- _Task statement_
Search term "pipelines": please copy every line of the records below that contains it.

[Data entries]

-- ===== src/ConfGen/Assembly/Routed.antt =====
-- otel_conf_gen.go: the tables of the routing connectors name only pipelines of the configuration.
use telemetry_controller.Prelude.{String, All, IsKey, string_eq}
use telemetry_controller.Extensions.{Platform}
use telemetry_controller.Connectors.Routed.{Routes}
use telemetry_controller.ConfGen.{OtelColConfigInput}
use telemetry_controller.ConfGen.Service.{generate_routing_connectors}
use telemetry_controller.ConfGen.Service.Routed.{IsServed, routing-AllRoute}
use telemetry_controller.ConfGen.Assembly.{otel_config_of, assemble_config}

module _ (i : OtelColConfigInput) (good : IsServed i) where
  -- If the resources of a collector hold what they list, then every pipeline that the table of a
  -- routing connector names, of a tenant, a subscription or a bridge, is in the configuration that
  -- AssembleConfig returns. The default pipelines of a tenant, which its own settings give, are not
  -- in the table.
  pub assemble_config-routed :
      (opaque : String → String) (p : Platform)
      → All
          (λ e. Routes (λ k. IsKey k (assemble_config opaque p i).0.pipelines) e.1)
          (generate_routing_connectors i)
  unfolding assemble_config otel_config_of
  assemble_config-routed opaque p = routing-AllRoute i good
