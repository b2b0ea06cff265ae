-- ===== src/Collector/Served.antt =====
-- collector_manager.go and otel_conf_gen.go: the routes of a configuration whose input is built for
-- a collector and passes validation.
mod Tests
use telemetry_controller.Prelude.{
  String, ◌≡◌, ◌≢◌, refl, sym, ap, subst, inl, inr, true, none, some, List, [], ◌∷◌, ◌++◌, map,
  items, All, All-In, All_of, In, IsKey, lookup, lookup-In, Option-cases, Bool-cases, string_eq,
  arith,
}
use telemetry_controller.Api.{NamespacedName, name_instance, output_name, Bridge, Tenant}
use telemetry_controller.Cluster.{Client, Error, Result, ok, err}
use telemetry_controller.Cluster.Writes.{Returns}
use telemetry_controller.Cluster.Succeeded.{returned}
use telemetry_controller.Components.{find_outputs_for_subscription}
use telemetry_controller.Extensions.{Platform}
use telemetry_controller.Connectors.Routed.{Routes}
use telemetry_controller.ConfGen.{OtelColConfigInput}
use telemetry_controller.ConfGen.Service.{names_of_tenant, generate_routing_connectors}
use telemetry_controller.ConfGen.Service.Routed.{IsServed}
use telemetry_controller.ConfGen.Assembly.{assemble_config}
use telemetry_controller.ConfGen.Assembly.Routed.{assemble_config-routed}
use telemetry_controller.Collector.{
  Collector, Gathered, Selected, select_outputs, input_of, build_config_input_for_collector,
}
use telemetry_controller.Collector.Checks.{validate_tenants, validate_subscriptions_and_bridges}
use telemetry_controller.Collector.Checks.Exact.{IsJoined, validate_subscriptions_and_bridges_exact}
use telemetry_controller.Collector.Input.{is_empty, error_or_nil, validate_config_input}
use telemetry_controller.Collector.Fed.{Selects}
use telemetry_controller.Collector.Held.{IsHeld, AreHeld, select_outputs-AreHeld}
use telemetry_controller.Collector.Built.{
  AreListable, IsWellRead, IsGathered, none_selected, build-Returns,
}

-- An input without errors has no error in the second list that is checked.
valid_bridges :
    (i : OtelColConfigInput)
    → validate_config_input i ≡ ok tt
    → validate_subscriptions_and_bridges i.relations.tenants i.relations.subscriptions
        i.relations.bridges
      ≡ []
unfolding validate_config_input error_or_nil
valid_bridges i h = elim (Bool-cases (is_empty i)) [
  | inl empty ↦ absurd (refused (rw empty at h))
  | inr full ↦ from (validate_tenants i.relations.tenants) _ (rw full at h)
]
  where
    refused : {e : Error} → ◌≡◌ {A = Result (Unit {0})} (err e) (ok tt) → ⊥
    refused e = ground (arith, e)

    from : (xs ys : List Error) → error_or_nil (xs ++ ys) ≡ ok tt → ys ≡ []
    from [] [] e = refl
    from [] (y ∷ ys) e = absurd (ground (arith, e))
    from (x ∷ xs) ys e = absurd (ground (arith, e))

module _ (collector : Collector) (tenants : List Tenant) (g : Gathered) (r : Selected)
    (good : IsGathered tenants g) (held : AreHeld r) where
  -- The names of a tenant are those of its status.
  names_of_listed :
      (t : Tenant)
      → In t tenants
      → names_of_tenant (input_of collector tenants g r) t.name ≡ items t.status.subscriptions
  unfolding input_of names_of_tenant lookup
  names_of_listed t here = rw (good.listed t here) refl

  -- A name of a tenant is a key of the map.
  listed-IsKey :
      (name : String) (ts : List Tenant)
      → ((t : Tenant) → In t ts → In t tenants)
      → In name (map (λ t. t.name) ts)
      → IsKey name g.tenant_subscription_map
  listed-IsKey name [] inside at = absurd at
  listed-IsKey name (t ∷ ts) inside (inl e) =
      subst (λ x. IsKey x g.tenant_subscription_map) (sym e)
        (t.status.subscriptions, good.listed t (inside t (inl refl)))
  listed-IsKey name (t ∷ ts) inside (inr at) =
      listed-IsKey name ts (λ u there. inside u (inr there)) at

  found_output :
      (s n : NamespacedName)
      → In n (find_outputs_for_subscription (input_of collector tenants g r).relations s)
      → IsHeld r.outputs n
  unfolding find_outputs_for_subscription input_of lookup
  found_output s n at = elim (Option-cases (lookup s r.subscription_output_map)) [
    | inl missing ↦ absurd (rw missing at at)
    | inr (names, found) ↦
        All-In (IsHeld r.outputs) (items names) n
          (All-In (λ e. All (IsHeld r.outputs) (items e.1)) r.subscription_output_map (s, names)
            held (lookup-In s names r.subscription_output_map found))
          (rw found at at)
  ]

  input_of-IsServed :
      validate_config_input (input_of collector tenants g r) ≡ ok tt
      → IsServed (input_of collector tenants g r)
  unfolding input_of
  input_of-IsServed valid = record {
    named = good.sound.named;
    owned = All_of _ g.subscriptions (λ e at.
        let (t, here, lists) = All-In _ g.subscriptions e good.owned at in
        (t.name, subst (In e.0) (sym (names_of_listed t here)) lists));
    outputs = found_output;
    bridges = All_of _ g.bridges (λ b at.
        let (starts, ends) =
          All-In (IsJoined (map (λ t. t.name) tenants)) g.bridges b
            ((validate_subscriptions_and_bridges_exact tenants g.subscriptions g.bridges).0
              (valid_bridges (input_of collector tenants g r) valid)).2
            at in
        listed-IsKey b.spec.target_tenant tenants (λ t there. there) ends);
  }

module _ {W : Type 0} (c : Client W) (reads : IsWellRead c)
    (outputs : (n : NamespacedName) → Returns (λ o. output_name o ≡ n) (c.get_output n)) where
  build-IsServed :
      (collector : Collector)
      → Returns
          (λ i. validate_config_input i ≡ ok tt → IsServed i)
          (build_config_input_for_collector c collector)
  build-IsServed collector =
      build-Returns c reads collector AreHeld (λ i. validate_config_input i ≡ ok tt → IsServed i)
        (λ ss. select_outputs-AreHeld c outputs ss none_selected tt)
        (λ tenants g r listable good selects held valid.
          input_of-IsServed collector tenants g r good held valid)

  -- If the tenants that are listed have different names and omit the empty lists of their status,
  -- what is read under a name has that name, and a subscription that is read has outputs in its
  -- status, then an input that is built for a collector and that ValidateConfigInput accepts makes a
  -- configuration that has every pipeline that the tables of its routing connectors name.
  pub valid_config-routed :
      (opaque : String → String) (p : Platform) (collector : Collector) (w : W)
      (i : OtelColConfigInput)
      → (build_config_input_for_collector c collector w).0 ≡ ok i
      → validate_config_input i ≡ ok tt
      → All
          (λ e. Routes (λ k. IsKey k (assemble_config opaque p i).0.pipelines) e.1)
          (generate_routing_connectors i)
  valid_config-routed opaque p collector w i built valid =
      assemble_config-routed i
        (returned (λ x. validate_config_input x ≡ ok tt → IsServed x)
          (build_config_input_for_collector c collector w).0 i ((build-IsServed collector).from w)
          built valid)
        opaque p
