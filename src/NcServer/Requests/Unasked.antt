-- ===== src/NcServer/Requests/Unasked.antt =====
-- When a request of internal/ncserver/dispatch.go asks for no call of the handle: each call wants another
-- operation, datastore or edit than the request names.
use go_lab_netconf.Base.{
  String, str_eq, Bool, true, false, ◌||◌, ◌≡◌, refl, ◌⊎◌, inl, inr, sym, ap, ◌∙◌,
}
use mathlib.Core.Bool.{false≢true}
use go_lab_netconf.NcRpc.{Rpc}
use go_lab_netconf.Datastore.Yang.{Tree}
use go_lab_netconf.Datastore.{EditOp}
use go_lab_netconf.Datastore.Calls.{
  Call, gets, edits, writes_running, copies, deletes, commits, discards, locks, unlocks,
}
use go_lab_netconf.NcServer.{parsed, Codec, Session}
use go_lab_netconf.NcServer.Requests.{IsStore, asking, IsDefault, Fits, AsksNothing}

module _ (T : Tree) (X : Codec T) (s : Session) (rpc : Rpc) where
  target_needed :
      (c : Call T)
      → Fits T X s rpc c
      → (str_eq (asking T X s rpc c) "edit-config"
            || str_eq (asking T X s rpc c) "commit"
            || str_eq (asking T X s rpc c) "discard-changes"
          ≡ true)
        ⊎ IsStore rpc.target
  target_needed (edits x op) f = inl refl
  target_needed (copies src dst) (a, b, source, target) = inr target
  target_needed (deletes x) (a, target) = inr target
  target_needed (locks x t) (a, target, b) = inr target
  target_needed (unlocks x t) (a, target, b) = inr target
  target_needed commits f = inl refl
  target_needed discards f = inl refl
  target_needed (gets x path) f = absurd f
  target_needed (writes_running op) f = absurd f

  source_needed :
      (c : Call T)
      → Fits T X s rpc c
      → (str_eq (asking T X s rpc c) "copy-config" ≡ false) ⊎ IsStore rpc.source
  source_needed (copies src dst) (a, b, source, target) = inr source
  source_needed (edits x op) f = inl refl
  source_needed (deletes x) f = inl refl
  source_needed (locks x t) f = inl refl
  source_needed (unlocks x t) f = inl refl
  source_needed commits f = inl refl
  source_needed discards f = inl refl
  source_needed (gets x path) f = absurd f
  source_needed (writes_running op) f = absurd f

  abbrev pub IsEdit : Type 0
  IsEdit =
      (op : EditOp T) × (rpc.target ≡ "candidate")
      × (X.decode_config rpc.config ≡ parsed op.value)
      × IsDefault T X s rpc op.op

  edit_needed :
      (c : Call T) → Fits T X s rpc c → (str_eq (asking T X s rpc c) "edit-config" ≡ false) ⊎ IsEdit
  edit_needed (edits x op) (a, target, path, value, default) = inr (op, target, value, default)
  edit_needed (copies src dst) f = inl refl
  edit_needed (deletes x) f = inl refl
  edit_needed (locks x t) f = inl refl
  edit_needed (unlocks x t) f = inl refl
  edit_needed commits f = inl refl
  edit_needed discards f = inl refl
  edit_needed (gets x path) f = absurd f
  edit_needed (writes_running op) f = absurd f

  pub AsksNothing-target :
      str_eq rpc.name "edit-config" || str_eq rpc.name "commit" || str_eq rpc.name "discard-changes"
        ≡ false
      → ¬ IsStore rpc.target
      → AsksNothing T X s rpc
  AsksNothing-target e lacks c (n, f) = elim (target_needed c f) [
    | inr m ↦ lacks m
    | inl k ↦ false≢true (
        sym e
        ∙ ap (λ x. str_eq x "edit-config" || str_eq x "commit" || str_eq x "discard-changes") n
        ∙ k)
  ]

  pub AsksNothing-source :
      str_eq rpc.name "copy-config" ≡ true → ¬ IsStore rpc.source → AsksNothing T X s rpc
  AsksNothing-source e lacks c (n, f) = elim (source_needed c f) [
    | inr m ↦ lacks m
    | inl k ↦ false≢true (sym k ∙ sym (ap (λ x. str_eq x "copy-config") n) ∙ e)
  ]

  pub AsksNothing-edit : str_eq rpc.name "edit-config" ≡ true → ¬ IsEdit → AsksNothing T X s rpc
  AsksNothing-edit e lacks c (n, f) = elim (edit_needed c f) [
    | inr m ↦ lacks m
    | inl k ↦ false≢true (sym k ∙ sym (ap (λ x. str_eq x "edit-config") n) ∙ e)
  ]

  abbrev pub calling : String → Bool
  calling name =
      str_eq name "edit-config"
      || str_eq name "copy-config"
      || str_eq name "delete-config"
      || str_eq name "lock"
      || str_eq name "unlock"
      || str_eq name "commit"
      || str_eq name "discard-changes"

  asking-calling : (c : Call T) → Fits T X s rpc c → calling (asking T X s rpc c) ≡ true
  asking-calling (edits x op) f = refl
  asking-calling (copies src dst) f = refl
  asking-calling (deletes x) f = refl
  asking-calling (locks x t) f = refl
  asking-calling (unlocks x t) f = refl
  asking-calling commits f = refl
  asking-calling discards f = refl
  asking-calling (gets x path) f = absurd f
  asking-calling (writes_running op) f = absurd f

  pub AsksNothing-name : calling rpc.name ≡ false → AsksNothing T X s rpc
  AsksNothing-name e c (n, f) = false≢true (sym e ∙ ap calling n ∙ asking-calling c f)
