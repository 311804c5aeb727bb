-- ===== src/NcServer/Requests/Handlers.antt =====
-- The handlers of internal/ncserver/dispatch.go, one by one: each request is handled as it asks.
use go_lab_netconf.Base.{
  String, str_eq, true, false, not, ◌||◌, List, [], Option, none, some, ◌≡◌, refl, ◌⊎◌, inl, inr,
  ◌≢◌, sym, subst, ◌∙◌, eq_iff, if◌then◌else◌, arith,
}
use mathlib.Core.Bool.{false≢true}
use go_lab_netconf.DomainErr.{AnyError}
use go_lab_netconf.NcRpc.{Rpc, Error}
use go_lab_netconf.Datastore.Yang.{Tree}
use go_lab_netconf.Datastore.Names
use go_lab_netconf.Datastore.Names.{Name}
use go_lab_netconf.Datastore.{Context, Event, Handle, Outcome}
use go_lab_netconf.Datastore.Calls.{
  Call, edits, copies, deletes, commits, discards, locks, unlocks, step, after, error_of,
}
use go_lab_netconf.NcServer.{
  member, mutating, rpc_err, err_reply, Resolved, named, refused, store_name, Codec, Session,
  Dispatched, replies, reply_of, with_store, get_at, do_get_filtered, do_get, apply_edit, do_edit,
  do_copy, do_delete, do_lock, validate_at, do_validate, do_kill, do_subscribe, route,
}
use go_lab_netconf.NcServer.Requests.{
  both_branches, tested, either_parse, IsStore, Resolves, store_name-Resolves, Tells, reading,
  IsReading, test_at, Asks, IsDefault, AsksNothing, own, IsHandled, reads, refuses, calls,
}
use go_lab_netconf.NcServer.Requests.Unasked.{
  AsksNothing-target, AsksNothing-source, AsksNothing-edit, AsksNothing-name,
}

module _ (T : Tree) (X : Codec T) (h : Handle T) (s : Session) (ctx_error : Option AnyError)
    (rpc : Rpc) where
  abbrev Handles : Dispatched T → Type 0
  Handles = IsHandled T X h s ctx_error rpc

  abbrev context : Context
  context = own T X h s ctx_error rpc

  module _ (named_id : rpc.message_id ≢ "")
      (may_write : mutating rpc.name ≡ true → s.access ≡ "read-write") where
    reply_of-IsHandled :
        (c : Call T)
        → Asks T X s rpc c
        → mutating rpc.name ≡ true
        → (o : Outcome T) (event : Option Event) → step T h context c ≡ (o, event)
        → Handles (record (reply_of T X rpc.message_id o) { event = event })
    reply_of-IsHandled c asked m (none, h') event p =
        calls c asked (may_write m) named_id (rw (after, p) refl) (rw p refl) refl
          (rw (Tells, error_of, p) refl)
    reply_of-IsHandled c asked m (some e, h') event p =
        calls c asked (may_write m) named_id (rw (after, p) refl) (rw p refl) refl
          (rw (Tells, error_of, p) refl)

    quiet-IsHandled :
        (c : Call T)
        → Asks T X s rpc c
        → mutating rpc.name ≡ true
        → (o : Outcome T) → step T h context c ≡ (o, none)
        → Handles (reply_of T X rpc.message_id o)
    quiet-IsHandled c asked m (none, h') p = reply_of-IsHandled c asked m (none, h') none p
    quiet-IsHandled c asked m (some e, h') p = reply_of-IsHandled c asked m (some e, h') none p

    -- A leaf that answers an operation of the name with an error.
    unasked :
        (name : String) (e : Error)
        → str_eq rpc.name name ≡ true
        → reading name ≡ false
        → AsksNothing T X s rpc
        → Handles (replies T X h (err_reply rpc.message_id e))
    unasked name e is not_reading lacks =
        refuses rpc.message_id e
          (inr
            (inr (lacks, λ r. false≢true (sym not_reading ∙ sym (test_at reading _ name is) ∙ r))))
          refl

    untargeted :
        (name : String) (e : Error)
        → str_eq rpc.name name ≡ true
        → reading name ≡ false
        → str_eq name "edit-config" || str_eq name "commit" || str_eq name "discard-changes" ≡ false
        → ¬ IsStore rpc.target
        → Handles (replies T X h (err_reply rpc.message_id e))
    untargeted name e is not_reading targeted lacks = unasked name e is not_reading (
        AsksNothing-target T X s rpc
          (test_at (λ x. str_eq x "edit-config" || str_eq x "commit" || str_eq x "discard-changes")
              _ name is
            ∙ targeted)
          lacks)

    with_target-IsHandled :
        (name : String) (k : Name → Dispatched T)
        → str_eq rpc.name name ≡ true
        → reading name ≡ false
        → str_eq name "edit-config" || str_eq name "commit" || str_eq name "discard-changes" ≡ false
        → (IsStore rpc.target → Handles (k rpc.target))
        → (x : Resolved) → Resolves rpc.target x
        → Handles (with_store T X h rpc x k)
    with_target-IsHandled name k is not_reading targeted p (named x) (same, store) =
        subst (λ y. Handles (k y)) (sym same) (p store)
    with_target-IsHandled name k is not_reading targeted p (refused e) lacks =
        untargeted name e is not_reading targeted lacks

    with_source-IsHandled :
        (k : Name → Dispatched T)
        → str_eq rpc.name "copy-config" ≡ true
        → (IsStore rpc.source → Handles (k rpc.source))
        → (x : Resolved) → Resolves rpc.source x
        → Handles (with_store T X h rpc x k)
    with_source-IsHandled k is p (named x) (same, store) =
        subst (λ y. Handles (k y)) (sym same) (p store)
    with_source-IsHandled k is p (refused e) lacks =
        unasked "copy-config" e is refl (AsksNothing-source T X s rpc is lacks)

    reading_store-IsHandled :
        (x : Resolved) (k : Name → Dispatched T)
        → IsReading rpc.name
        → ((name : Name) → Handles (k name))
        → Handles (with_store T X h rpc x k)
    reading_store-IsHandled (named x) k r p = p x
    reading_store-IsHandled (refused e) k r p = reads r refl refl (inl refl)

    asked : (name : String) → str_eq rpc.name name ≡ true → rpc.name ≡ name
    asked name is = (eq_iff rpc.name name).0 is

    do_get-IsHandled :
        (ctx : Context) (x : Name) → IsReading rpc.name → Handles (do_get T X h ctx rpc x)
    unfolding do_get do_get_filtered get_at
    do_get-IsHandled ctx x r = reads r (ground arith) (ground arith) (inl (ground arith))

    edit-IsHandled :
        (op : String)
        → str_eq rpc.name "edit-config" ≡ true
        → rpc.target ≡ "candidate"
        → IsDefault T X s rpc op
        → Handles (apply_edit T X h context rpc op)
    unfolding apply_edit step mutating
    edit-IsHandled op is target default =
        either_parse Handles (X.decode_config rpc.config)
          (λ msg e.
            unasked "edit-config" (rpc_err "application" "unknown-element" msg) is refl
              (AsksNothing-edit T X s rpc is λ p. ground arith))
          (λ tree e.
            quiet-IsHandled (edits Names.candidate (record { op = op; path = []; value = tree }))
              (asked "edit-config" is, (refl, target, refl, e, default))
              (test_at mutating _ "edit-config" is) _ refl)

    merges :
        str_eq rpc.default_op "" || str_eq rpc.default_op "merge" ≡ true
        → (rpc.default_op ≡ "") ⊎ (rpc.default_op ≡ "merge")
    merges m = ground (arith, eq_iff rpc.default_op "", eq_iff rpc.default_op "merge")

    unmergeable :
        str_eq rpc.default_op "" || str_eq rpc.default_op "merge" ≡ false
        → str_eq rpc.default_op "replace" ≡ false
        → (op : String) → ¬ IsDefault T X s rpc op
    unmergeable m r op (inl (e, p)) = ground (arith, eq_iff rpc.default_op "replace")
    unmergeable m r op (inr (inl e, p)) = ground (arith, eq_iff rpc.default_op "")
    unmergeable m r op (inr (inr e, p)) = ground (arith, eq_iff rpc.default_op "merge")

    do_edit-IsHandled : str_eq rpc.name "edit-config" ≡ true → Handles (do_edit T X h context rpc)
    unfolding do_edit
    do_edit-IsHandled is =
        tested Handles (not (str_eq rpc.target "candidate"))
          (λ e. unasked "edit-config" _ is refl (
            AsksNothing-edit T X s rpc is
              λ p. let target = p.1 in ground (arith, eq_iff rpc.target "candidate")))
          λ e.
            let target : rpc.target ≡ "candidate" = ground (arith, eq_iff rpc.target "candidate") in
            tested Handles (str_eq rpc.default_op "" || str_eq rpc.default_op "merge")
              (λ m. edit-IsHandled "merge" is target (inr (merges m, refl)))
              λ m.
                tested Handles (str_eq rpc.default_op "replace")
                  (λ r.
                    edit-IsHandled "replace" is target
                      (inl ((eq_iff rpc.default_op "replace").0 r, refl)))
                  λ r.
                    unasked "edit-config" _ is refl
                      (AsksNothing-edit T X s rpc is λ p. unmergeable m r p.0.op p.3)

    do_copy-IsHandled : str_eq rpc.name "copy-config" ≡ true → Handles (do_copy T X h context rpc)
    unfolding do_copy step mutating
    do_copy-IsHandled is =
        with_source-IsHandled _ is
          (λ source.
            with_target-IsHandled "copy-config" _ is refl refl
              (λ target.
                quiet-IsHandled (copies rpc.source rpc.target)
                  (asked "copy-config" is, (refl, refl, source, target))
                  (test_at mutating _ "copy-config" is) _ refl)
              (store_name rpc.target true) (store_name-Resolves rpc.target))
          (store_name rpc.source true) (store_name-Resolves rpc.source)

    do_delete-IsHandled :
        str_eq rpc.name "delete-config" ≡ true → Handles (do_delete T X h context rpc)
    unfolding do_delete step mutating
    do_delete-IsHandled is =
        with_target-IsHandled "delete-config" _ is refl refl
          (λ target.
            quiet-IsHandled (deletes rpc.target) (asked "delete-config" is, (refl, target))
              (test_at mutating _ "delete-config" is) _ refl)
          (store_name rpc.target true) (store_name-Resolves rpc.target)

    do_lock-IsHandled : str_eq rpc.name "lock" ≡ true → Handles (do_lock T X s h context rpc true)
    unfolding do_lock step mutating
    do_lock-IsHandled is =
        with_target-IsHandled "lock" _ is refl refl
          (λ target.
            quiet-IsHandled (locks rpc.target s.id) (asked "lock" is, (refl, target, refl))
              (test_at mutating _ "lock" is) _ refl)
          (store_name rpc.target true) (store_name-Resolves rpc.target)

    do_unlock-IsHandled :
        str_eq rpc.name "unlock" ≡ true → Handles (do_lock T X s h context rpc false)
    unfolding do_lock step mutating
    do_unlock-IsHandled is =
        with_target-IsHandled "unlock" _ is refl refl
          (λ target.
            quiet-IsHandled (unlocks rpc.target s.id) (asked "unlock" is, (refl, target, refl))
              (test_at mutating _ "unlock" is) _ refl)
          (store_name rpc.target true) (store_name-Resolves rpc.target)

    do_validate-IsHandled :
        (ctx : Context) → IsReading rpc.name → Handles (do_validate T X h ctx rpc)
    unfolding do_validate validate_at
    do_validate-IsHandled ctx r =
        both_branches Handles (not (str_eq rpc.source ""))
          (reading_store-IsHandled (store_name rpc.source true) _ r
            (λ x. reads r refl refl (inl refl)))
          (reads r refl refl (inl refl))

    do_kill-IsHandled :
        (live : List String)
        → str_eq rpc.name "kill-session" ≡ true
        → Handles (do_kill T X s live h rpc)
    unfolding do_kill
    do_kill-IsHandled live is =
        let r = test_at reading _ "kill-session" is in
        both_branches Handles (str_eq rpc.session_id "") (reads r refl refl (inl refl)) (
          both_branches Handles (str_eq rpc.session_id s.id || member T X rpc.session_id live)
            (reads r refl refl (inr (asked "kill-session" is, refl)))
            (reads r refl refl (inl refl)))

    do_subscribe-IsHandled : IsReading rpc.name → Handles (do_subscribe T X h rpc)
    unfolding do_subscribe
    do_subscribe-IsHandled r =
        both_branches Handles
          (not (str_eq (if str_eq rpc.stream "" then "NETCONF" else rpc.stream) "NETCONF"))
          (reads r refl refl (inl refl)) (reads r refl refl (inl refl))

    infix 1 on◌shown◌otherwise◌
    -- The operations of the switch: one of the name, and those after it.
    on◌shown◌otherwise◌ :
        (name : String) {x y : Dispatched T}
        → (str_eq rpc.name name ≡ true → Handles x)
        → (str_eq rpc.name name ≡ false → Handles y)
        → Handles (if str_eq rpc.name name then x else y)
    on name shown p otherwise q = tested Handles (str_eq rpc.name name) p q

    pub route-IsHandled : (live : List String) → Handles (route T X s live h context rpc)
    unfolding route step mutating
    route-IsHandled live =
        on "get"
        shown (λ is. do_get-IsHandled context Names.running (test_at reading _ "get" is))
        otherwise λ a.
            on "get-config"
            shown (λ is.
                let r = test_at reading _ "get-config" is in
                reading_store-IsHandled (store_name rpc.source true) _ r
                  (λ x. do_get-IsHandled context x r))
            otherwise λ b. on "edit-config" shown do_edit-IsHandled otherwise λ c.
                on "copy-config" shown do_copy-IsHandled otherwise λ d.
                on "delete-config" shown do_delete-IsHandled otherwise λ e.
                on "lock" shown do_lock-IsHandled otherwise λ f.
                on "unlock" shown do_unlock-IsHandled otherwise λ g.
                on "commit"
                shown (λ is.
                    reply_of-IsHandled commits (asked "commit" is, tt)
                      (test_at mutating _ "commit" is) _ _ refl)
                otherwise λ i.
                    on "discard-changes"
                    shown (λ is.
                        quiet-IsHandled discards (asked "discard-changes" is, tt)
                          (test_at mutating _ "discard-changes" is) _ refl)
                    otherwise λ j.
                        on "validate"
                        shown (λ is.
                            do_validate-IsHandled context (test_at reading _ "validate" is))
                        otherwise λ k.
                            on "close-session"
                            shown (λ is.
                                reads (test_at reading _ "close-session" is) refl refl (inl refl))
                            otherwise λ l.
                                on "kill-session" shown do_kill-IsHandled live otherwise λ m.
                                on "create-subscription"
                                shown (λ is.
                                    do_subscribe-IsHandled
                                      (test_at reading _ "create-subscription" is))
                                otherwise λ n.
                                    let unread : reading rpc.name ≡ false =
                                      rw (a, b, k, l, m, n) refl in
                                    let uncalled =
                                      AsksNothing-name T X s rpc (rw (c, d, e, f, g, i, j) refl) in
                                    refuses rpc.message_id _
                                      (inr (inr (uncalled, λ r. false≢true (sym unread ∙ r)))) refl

- _Task result_
-- otel_conf_gen.go: the tables of the routing connectors name only pipelines of the configuration.
  -- AssembleConfig returns. The default pipelines of a tenant, which its own settings give, are not
          (λ e. Routes (λ k. IsKey k (assemble_config opaque p i).0.pipelines) e.1)
          (λ e. Routes (λ k. IsKey k (assemble_config opaque p i).0.pipelines) e.1)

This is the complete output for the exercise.